Think of it as Leah Kincaid's Canyon Skies meets Ramon Ortega's Dust Country: the romance sits between backcountry aviation competence and small-town obligation.

If you enjoy procedural detail, quiet chemistry, and landscapes that feel lived in, you will find plenty to like here.

Jorge Valdez
2025-07-11

El paisaje de Nuevo México manda. Mesas rojas, arroyos, humo de incendios recientes y la sombra de una Cessna que busca caballos: todo se siente auténtico sin atascarse en tecnicismos.

La autora muestra cómo el cielo abre posibilidades y también riesgos, y el santuario se vuelve un personaje con su propia necesidad de agua y tiempo. Terminé con ganas de seguir volando sobre esas rutas y de ver a los mustangs cruzando la meseta.

Devon Malley
2025-03-20

I wanted the bush flying hook to carry the plot, but the story idled.

  • Great sense of terrain
  • Repetitive cockpit banter
  • Secret reveal telegraphed early
  • Saggy middle stretch
Riley Nishimura
2024-12-14

Craft-wise, the prose is precise and workmanlike, with aviation terms folded into scene work so they signal competence without drowning the reader. The dialogue under headsets is economical and lands some quiet humor.

Structurally, the training arc lingers a few chapters too long before the money stakes squeeze both leads, and the final alignment is convincing but not cathartic. Solid construction, low heat, dependable finish.

Mia Calder
2024-10-06

This romance soars. My heart lifted with Juniper as the sun broke over Diablo Canyon, and I was grinning like a fool every time the headsets clicked on.

Lark's stubborn hope and Cole's careful calm collide in all the best ways. The aviation detail hums, but it is the generosity in small acts that left me breathless.
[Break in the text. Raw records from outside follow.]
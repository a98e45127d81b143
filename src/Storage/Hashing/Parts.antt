-- ===== src/Storage/Hashing/Parts.antt =====
-- The parts that `md5_multipart` digests.
use cassandra_medusa.Base.{◌≤◌, ◌<◌, Bool, true, false, [], ◌++◌, ◌≡◌, length}
use cassandra_medusa.Storage.Hashing.{Bytes}

-- What a part leaves, and how much: it takes at least a byte off, or meets the end.
abbrev pub IsCut : Bytes → Bytes → Bytes × Bool × Bytes → Type 0
IsCut read file (part, true, rest) = (part ≡ read ++ file) × (rest ≡ [])
IsCut read file (part, false, rest) = (part ++ rest ≡ read ++ file) × (length rest ≤ length file)

-- A part of at least one block of at least one byte.
abbrev pub IsProper : Bytes → Bytes × Bool × Bytes → Type 0
IsProper file (part, true, rest) = part ≡ file
IsProper file (part, false, rest) = (part ++ rest ≡ file) × (length rest < length file)
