-- ===== src/Storage/Listing/Existing.antt =====
-- The last steps of `list_node_backups`: the order of the backups that it gives.
use cassandra_medusa.Base.{
  Bool, true, Option, List, [], ◌∷◌, ◌++◌, ◌≡◌, inl, inr, refl, sym, ap, subst, filter, arith, leb,
  In, In-filter, In-append_right, All, In-All, is_some, Bool-cases,
}
use cassandra_medusa.Base.{Result, ok, err}
use cassandra_medusa.Base.Sort.{IsSorted, sorted_by_key-IsSorted, In-sorted}
use cassandra_medusa.Base.Text.{Text}
use cassandra_medusa.Index.{clean_backup_from_index}
use cassandra_medusa.Storage.Driver.{Blob, Driver}
use cassandra_medusa.Storage.NodeBackup.{NodeBackup, started, backup_exists}
use cassandra_medusa.Storage.Listing.{
  start_or_zero, sort_and_pick, sorted_by_start, existing, list_node_backups, prefix_path_of,
}

module _ (D : Driver) (prefix : Text) where
  -- `existing` drops backups from the front only.
  existing_suffix :
      (nbs : List NodeBackup) (s : D.State)
      → (dropped : List NodeBackup) × (nbs ≡ dropped ++ (existing D prefix nbs s).0)
  unfolding existing
  existing_suffix [] s = ([], refl)
  existing_suffix (nb ∷ nbs) s = elim (Bool-cases (backup_exists D nb s)) [
    | inl e ↦ rw e ([], refl)
    | inr e ↦ rw e (
        let (dropped, h) =
          existing_suffix nbs (clean_backup_from_index D (prefix_path_of prefix) nb s) in
        (nb ∷ dropped, ap (◌∷◌ nb) h))
  ]

  abbrev pub started_before : D.State → NodeBackup → NodeBackup → Bool
  started_before s a b = leb (start_or_zero D prefix s a) (start_or_zero D prefix s b)

  sort_and_pick-ok :
      (r : Result (List NodeBackup)) (s s' : D.State) (out : List NodeBackup)
      → sort_and_pick D prefix r s ≡ (ok out, s')
      → (nbs : List NodeBackup) × (out ≡ (existing D prefix (sorted_by_start D prefix nbs s) s).0)
  unfolding sort_and_pick
  sort_and_pick-ok (err e) s s' out h = absurd (ground arith)
  sort_and_pick-ok (ok nbs) s s' out h = (nbs, ground arith)

  IsSorted-suffix :
      (s : D.State) (xs ys : List NodeBackup)
      → IsSorted (started_before s) (xs ++ ys)
      → IsSorted (started_before s) ys
  IsSorted-suffix s [] ys h = h
  IsSorted-suffix s (x ∷ xs) ys h = IsSorted-suffix s xs ys h.1

  In-sorted_by_start :
      (nbs : List NodeBackup) (s : D.State) (nb : NodeBackup)
      → In nb (sorted_by_start D prefix nbs s)
      → is_some (started D nb s) ≡ true
  unfolding sorted_by_start
  In-sorted_by_start nbs s nb m =
      ((In-filter (λ nb. is_some (started D nb s)) nb nbs).0
        ((In-sorted (started_before s) nb (filter (λ nb. is_some (started D nb s)) nbs)).0 m)).1

  -- Where `list_node_backups` ends without an exception, on any index and for any node, its
  -- backups come oldest first, and each has a start time.
  pub list_node_backups-IsSorted :
      (fqdn : Option Text) (index : Option (List Blob)) (s s' : D.State) (out : List NodeBackup)
      → list_node_backups D prefix fqdn index s ≡ (ok out, s')
      → IsSorted (started_before s) out × All (λ nb. is_some (started D nb s) ≡ true) out
  unfolding list_node_backups sorted_by_start
  list_node_backups-IsSorted fqdn index s s' out h =
      let (nbs, e) = sort_and_pick-ok _ s s' out h in
      let (dropped, e') = existing_suffix (sorted_by_start D prefix nbs s) s in
      let whole : sorted_by_start D prefix nbs s ≡ dropped ++ out = rw e e' in
      (
        IsSorted-suffix s dropped out (
            subst (IsSorted (started_before s)) whole
              (sorted_by_key-IsSorted (start_or_zero D prefix s) _)),
        In-All _ out (λ nb m.
            In-sorted_by_start nbs s nb
              (subst (In nb) (sym whole) (In-append_right nb dropped out m))),
      )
I loved how the book refuses simple binaries: survival versus stewardship, solitude versus community, grit versus grace. And that line about love being "another wild thing that refuses a fence line" lit up the whole story for me.

Every lesson flight becomes a tiny covenant, and every thermos of coffee tastes like forgiveness. When the storm forces them down, the dust isn't just weather; it is the past settling and blowing off again.

Yes, yes, yes. More desert, more mustangs, more people choosing to stay and do the work.